DESCRIPTION OF THE TASK:
Every line of the listing that contains the word "came" is to be copied out.

EXTRACTED ENTRIES:
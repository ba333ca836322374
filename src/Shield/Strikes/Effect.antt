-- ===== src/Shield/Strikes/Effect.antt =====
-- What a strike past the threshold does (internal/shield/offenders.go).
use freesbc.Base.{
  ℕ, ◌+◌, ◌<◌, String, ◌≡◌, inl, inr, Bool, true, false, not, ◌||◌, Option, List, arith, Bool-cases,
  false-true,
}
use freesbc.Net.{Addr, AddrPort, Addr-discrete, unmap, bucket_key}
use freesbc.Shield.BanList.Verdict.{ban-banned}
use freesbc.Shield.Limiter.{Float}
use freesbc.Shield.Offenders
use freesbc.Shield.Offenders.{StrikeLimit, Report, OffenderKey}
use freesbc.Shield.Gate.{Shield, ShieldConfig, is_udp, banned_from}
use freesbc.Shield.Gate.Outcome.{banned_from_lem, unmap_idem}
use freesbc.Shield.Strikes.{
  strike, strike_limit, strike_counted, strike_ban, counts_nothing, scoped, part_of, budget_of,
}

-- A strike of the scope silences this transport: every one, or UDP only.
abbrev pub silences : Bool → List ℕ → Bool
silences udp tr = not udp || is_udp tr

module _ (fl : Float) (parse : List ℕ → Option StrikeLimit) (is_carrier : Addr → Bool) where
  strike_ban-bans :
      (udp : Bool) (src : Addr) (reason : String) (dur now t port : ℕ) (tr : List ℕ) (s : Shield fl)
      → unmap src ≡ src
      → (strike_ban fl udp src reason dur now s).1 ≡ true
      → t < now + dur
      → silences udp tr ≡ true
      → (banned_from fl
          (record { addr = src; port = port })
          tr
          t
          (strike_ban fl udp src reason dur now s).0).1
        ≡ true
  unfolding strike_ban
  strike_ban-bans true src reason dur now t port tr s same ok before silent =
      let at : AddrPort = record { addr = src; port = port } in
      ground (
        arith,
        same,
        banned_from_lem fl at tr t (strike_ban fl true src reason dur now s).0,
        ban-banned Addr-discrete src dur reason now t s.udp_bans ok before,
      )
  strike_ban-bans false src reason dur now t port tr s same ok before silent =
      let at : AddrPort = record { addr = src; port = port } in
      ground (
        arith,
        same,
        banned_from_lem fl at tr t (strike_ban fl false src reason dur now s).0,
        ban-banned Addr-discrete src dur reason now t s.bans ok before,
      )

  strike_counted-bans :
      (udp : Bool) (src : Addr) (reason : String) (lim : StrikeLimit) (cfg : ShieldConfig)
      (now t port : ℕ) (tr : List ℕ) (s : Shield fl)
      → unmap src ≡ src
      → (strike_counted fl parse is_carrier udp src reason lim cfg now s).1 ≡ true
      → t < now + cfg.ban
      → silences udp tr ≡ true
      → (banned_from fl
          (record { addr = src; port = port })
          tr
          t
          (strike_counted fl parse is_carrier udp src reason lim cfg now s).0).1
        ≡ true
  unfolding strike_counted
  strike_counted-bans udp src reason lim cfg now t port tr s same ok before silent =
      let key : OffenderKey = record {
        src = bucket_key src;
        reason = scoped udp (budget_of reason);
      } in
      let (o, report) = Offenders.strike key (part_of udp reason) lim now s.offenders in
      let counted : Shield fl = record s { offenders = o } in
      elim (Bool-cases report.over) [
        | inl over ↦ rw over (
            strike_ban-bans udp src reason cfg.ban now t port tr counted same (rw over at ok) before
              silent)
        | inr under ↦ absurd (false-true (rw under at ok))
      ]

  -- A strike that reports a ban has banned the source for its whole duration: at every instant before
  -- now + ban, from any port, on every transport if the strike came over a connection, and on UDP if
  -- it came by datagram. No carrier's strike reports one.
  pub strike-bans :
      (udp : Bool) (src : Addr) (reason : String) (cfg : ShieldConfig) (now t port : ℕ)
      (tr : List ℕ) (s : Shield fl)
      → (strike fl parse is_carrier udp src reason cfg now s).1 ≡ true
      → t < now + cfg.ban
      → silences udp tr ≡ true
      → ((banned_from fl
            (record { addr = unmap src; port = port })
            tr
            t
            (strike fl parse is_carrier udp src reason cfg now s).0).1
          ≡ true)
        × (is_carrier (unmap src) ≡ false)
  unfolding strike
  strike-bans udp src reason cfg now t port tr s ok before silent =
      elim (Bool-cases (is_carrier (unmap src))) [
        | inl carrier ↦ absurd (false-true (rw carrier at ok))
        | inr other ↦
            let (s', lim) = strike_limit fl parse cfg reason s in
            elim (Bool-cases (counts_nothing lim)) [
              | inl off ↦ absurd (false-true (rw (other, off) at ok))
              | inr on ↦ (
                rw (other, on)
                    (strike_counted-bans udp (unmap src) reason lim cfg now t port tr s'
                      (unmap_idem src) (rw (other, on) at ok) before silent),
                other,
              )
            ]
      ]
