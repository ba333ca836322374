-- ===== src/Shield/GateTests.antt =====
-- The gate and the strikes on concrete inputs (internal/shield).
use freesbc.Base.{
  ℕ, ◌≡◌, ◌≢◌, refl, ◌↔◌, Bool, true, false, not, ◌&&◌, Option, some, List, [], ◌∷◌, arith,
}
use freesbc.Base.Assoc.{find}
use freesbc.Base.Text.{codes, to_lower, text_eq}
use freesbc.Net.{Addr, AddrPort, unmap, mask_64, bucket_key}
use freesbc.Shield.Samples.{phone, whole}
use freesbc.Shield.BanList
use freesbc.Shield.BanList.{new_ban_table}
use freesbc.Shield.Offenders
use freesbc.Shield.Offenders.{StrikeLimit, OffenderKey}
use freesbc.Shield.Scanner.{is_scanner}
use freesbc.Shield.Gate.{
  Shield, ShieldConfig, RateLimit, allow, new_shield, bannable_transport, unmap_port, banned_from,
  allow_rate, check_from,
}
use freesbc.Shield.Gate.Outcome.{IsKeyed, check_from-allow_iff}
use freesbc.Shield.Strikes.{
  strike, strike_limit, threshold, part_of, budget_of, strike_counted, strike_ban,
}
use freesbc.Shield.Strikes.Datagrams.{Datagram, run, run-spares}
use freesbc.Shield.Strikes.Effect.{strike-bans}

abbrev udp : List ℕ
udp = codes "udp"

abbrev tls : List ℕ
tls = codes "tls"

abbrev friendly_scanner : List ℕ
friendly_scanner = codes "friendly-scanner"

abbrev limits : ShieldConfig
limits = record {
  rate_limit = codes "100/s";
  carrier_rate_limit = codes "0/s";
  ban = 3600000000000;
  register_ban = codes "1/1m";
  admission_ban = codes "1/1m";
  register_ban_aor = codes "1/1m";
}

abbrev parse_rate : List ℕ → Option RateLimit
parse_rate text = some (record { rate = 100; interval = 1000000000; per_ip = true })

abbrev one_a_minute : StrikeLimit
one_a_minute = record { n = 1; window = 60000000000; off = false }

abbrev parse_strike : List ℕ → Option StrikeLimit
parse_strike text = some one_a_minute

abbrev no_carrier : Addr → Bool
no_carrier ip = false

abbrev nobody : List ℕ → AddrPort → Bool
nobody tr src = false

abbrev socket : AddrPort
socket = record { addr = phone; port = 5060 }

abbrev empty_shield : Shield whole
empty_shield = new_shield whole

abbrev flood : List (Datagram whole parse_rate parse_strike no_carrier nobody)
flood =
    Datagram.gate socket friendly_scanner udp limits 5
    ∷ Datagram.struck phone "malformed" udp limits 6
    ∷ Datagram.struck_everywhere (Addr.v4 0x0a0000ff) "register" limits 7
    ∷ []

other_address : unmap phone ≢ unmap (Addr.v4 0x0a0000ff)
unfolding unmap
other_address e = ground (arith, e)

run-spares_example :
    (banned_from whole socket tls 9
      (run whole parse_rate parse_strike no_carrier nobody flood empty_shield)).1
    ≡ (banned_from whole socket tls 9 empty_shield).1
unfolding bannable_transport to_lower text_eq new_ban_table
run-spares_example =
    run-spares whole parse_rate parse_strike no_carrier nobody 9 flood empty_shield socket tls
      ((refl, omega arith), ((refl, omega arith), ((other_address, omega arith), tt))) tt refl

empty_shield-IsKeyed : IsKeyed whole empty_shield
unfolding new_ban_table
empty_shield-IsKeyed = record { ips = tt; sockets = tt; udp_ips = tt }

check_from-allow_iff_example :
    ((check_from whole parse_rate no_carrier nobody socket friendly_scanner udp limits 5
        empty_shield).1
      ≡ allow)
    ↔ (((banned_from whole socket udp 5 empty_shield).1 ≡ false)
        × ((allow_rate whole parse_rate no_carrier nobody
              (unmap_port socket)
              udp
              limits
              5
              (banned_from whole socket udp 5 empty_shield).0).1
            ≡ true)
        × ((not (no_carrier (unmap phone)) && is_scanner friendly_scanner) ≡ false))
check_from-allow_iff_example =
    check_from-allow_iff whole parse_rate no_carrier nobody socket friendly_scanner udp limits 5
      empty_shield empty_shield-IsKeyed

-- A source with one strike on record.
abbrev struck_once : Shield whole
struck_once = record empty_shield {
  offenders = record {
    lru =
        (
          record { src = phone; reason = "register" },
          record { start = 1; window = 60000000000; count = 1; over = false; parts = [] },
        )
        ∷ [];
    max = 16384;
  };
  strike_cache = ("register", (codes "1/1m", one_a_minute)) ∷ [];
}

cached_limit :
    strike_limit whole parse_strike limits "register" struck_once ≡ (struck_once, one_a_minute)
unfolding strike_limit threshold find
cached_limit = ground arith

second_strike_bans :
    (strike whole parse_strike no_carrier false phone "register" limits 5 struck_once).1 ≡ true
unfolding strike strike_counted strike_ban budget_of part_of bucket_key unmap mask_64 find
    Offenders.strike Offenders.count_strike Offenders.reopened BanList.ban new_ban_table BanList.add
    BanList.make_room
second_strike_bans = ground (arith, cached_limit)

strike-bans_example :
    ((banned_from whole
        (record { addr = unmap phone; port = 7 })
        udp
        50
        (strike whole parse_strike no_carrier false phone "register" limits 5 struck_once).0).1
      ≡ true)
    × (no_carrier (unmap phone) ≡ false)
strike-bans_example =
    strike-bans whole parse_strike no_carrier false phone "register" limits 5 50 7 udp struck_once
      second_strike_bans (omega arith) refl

WRITTEN REPLY:
  -- now + ban, from any port, on every transport if the strike came over a connection, and on UDP if
  -- it came by datagram. No carrier's strike reports one.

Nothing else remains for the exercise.